■ **Task requirements**:
If a line of the material holds the string "record", please copy it.

■ **Data listing**:
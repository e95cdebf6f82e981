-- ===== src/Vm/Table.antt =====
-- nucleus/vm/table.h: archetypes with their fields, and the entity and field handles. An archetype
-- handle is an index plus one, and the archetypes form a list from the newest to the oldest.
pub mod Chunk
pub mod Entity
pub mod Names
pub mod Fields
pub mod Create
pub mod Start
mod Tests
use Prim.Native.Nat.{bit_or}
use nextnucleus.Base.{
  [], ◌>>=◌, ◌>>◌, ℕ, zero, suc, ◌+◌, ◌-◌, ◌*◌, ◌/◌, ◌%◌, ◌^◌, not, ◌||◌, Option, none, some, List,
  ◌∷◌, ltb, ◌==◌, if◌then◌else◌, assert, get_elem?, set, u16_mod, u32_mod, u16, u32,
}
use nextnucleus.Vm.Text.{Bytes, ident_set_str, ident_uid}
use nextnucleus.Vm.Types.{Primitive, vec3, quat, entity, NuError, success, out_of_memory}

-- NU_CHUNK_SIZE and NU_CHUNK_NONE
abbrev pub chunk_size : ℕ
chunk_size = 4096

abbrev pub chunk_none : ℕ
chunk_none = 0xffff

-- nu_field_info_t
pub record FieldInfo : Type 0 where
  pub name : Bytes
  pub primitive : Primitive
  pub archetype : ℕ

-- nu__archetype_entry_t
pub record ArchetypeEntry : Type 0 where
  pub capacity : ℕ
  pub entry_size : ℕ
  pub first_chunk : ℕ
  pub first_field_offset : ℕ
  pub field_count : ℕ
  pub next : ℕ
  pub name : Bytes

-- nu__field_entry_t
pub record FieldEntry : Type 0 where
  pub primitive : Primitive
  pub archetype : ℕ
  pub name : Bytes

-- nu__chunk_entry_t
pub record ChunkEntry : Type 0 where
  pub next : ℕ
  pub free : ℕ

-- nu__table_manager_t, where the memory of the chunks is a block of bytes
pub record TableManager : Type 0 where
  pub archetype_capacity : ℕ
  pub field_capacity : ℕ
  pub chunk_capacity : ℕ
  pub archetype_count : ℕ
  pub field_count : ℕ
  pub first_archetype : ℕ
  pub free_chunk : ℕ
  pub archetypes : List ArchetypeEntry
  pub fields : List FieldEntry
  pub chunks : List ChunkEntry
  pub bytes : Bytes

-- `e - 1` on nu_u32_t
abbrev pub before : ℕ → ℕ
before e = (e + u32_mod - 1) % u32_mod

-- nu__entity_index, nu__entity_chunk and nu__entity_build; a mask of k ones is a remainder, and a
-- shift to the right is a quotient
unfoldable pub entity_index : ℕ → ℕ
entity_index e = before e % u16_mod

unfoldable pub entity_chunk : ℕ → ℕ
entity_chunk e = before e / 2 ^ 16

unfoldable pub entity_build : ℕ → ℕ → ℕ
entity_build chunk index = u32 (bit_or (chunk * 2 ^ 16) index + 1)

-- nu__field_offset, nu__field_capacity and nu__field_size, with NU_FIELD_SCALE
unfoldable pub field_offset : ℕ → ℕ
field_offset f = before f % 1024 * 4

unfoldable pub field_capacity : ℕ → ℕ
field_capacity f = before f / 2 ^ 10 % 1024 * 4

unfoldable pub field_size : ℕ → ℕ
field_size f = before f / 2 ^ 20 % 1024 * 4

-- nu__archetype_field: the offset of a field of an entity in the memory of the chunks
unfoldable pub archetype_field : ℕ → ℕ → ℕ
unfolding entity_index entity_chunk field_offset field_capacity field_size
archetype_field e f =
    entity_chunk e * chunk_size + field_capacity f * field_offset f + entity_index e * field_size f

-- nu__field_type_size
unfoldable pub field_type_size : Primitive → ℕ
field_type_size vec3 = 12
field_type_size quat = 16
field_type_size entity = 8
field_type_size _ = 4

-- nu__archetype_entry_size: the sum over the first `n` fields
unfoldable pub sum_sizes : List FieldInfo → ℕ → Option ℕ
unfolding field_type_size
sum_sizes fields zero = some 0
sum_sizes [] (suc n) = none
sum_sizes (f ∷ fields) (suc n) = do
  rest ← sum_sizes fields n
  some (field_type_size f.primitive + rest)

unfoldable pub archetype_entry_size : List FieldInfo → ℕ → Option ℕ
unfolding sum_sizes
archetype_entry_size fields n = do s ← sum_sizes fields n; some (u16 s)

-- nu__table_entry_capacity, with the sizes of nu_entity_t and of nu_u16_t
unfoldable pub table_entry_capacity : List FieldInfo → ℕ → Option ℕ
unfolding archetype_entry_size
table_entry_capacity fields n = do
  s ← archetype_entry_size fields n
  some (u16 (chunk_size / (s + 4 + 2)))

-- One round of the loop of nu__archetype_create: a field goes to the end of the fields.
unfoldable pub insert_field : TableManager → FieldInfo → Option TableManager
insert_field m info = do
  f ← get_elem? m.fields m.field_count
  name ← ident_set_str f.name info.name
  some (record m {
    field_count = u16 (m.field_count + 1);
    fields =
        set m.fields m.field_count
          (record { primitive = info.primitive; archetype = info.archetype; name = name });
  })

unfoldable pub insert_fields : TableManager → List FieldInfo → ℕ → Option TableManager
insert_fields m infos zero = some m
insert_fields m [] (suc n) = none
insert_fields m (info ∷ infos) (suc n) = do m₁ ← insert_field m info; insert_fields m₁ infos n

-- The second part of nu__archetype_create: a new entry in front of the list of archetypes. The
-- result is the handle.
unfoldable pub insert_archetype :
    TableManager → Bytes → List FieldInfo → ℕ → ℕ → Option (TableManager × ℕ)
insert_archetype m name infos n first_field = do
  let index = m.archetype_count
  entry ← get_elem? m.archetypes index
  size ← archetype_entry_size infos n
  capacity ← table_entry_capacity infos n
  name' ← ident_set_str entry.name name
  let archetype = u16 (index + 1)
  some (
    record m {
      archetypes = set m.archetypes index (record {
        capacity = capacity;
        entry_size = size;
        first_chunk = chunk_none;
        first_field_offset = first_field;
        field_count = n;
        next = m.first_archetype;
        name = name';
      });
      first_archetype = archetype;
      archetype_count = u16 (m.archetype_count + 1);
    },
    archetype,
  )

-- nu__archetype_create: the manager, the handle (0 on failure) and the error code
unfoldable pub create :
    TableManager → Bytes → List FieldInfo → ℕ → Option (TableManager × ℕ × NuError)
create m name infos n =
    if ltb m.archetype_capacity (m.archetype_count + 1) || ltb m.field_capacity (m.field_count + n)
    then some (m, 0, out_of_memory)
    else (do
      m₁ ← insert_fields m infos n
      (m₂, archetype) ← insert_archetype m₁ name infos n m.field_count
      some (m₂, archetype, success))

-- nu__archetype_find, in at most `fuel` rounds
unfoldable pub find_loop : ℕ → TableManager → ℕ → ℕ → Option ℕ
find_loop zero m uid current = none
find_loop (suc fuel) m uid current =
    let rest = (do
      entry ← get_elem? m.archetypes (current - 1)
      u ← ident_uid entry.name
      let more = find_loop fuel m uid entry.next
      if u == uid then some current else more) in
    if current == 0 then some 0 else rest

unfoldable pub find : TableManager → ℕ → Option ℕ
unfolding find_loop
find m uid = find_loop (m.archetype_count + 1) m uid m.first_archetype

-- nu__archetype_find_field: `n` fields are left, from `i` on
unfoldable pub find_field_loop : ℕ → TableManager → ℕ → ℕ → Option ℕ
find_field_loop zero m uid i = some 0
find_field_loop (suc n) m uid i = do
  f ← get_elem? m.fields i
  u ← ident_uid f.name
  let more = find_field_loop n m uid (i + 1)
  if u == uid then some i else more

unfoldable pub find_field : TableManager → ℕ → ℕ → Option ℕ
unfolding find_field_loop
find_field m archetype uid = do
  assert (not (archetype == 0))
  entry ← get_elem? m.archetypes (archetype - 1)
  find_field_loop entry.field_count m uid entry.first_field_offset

■ **Solution for this problem**:
pub record FieldInfo : Type 0 where
pub record ArchetypeEntry : Type 0 where
pub record FieldEntry : Type 0 where
pub record ChunkEntry : Type 0 where
pub record TableManager : Type 0 where
  some (record m {
          (record { primitive = info.primitive; archetype = info.archetype; name = name });
    record m {
      archetypes = set m.archetypes index (record {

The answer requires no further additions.